▶ [Exercise instructions]
Starting with the line that contains "abbrev at : Datetime" and stopping after the line that contains "pub consumer_id : String", copy the entries below exactly. Include nothing else.

Dataset records
════════════════

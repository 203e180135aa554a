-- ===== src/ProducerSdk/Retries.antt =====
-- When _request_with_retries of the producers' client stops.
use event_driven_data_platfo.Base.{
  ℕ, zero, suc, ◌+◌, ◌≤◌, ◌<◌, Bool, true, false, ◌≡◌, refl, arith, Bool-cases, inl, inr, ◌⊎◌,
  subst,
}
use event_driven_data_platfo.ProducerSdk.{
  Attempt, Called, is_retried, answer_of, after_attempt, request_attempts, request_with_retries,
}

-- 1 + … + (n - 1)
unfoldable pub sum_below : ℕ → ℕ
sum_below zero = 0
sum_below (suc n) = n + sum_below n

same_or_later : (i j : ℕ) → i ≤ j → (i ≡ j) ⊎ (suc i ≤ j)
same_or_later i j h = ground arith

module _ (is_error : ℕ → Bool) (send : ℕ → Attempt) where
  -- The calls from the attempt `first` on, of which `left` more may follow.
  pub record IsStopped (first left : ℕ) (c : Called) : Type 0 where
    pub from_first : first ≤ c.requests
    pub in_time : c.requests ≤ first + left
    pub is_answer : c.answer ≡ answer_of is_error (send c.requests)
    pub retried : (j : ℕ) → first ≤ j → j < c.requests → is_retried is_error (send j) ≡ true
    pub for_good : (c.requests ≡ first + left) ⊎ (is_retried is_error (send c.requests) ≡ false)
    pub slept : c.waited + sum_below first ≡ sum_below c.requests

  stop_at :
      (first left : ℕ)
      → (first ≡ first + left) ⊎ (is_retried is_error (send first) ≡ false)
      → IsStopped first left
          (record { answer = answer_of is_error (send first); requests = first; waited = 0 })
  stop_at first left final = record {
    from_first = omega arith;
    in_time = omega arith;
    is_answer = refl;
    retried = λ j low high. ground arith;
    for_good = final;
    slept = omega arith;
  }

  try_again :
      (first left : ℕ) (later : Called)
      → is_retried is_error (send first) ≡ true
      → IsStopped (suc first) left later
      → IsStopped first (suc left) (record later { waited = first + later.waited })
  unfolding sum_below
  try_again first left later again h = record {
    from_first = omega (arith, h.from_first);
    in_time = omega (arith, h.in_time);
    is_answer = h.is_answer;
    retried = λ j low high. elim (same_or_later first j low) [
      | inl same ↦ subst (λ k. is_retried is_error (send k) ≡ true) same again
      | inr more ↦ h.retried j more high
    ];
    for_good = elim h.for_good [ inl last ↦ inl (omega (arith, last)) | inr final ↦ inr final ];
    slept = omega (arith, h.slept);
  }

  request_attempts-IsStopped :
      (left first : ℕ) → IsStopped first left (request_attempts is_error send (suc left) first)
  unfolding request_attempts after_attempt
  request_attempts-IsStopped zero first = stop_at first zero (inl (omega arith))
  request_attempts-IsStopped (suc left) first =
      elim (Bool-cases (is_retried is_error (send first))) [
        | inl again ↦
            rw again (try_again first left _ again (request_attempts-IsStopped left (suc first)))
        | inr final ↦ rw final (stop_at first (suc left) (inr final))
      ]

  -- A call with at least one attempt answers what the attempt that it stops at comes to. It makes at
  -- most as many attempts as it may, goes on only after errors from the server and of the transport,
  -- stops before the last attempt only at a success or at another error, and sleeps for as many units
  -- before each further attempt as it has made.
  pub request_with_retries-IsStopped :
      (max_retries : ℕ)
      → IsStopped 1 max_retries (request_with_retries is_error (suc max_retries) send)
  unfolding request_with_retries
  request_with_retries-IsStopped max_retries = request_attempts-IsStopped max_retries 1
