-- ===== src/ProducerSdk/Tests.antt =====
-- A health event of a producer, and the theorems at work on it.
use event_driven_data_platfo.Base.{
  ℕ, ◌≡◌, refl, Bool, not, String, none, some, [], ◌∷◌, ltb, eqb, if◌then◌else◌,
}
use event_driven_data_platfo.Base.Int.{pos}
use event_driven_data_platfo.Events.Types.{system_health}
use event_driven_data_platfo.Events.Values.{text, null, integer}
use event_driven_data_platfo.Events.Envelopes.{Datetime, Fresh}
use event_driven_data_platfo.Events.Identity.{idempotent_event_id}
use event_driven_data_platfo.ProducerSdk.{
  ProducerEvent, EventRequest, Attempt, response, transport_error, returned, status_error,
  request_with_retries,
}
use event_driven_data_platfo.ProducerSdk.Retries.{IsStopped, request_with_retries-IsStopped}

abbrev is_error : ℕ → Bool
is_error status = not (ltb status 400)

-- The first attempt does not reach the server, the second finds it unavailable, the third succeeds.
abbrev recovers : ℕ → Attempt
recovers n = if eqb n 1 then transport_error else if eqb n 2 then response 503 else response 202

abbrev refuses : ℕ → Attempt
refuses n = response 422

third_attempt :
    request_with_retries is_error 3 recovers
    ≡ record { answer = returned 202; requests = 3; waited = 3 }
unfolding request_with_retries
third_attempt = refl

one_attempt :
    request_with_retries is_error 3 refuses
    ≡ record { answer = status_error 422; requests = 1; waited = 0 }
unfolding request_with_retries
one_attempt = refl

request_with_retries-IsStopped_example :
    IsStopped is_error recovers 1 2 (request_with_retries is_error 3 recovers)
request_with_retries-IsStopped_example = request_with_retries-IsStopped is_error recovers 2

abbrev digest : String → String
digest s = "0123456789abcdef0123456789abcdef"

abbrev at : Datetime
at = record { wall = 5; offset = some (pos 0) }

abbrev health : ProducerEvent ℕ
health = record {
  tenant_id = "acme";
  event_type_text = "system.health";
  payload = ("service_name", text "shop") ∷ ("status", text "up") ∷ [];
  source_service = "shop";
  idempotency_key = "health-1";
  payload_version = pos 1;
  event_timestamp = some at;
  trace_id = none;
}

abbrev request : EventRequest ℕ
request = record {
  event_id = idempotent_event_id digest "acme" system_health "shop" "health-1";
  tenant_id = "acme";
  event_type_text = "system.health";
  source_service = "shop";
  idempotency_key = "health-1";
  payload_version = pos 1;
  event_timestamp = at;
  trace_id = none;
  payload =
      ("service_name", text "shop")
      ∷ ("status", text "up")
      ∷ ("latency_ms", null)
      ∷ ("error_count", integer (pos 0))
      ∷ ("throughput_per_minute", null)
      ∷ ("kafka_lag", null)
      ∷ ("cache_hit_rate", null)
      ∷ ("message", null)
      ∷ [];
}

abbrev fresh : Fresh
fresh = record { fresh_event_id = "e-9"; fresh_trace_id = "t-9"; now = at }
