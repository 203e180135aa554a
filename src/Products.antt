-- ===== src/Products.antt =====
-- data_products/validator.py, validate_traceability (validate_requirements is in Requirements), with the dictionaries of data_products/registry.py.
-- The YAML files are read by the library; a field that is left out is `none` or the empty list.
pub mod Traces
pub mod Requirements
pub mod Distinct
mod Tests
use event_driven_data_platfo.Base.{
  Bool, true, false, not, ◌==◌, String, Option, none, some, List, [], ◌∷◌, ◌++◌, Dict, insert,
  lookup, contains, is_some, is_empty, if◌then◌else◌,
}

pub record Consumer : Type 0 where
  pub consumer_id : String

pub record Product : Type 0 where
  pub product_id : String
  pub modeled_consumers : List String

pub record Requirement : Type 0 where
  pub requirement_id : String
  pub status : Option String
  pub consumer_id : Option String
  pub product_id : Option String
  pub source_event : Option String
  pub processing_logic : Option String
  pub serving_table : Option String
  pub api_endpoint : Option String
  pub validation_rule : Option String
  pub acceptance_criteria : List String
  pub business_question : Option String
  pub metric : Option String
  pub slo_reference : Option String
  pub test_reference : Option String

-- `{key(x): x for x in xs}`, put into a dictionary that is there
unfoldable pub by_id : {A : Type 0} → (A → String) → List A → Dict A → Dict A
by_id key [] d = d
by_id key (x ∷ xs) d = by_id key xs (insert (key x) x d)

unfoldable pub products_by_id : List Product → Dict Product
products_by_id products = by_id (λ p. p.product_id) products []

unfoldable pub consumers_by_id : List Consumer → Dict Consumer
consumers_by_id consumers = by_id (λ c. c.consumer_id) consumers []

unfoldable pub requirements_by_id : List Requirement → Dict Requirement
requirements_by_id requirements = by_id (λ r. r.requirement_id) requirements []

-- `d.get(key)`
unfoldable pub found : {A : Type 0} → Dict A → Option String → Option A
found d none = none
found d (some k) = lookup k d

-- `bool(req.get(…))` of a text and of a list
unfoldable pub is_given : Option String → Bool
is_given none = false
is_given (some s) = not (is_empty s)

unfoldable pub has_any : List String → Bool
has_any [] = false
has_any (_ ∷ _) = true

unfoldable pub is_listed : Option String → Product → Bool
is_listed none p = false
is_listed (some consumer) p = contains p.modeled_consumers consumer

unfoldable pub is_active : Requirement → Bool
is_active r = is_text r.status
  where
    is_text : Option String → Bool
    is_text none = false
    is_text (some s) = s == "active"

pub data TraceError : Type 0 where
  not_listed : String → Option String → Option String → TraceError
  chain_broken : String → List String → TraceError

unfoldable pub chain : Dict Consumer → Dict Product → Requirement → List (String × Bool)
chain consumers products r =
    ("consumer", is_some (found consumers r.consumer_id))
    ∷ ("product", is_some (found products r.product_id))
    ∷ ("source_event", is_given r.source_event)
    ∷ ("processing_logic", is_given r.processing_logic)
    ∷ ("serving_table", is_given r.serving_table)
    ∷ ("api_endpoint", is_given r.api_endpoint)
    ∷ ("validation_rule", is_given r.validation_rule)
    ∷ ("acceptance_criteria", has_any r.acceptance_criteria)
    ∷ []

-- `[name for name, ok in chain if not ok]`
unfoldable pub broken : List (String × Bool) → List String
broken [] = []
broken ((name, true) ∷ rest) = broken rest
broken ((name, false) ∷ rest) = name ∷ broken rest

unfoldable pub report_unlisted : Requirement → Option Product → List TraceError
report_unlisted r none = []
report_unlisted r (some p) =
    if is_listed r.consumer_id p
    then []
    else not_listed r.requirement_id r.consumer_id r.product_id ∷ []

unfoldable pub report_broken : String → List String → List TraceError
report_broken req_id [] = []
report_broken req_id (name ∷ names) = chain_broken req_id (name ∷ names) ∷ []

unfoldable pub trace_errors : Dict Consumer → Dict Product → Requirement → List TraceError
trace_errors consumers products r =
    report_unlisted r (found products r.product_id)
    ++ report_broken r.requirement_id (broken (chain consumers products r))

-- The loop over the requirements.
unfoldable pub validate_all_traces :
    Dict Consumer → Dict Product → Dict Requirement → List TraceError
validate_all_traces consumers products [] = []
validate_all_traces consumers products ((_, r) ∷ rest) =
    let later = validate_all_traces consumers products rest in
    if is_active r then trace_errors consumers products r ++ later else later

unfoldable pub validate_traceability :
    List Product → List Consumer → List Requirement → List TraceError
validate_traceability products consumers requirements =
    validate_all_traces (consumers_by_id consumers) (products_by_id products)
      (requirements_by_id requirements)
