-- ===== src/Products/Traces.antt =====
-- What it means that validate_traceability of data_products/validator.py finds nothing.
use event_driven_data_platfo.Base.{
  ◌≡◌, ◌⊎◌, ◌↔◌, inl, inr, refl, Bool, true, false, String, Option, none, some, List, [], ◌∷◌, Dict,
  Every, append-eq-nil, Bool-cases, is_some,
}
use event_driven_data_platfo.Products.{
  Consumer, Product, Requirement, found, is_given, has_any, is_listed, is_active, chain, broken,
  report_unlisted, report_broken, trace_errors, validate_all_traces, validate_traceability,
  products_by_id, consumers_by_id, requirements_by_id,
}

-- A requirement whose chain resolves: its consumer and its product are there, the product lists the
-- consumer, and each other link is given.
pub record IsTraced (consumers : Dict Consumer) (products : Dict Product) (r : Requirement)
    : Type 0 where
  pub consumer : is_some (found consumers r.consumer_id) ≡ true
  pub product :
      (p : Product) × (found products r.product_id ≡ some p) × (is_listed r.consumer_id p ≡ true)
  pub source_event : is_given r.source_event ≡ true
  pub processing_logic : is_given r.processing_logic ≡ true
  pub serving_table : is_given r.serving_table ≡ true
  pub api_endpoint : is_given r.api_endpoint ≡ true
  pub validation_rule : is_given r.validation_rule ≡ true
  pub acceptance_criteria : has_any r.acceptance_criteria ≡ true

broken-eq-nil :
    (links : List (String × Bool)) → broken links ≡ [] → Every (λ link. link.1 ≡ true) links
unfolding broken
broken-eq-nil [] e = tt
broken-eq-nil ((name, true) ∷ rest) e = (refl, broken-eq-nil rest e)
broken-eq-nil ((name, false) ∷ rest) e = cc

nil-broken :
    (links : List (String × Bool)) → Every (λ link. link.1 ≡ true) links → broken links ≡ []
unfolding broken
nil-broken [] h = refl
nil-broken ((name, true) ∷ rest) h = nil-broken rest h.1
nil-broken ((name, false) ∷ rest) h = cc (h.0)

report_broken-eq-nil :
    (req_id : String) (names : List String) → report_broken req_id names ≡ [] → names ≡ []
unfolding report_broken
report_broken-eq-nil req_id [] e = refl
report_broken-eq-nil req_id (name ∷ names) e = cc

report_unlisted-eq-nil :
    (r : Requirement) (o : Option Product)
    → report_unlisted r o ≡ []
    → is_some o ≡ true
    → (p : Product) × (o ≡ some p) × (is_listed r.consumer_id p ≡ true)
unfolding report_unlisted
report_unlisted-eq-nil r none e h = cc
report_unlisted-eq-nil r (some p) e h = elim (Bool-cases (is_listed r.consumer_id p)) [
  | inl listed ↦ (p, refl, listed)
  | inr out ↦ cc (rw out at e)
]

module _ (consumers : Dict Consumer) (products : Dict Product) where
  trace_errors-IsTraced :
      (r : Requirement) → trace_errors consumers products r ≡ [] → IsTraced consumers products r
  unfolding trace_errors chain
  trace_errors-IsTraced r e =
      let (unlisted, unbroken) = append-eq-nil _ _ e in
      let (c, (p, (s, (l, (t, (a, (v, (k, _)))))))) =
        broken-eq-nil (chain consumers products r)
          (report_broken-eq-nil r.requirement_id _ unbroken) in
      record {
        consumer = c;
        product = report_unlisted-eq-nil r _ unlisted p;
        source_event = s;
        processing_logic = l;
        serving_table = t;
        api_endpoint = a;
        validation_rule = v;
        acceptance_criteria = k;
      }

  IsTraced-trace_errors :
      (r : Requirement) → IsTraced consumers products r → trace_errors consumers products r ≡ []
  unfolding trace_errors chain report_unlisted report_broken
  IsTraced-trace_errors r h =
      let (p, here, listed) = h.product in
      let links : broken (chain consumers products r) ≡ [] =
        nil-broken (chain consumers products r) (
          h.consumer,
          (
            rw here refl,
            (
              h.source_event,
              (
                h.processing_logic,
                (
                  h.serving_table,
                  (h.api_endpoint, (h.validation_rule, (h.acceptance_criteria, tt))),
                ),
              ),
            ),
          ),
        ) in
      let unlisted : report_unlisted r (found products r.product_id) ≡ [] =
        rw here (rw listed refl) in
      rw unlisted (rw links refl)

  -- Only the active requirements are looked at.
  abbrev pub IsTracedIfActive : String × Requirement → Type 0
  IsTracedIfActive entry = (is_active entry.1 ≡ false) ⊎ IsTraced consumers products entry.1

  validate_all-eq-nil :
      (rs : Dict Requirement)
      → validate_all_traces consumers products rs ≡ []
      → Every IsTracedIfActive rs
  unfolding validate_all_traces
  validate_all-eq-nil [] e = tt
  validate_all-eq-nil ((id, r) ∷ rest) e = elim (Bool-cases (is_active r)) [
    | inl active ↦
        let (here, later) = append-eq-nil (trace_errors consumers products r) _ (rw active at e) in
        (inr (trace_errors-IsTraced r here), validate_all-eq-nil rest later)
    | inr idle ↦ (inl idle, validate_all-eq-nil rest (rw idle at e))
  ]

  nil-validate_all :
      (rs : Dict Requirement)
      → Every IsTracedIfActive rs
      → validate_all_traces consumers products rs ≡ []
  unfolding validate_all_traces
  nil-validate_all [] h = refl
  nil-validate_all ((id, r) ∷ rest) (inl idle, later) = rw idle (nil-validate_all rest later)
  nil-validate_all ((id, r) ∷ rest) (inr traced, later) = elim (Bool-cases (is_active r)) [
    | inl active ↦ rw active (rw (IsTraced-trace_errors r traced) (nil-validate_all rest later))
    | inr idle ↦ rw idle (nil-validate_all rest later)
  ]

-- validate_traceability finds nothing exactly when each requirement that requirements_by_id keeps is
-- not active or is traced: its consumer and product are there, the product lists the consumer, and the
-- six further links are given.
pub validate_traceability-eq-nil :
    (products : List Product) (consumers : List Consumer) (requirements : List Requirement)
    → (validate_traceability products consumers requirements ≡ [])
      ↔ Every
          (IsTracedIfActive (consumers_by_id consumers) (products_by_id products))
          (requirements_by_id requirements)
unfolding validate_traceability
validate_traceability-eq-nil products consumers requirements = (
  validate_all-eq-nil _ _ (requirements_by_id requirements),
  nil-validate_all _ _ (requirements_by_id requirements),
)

════════════════

▶ [Your response]
abbrev at : Datetime
at = record { wall = 5; offset = some (pos 0) }

abbrev health : ProducerEvent ℕ
health = record {
  tenant_id = "acme";
  event_type_text = "system.health";
  payload = ("service_name", text "shop") ∷ ("status", text "up") ∷ [];
  source_service = "shop";
  idempotency_key = "health-1";
  payload_version = pos 1;
  event_timestamp = some at;
  trace_id = none;
}

abbrev request : EventRequest ℕ
request = record {
  event_id = idempotent_event_id digest "acme" system_health "shop" "health-1";
  tenant_id = "acme";
  event_type_text = "system.health";
  source_service = "shop";
  idempotency_key = "health-1";
  payload_version = pos 1;
  event_timestamp = at;
  trace_id = none;
  payload =
      ("service_name", text "shop")
      ∷ ("status", text "up")
      ∷ ("latency_ms", null)
      ∷ ("error_count", integer (pos 0))
      ∷ ("throughput_per_minute", null)
      ∷ ("kafka_lag", null)
      ∷ ("cache_hit_rate", null)
      ∷ ("message", null)
      ∷ [];
}

abbrev fresh : Fresh
fresh = record { fresh_event_id = "e-9"; fresh_trace_id = "t-9"; now = at }
repository 203e180135aa554a
filename src/Products.antt
-- ===== src/Products.antt =====
-- data_products/validator.py, validate_traceability (validate_requirements is in Requirements), with the dictionaries of data_products/registry.py.
-- The YAML files are read by the library; a field that is left out is `none` or the empty list.
pub mod Traces
pub mod Requirements
pub mod Distinct
mod Tests
use event_driven_data_platfo.Base.{
  Bool, true, false, not, ◌==◌, String, Option, none, some, List, [], ◌∷◌, ◌++◌, Dict, insert,
  lookup, contains, is_some, is_empty, if◌then◌else◌,
}

pub record Consumer : Type 0 where
  pub consumer_id : String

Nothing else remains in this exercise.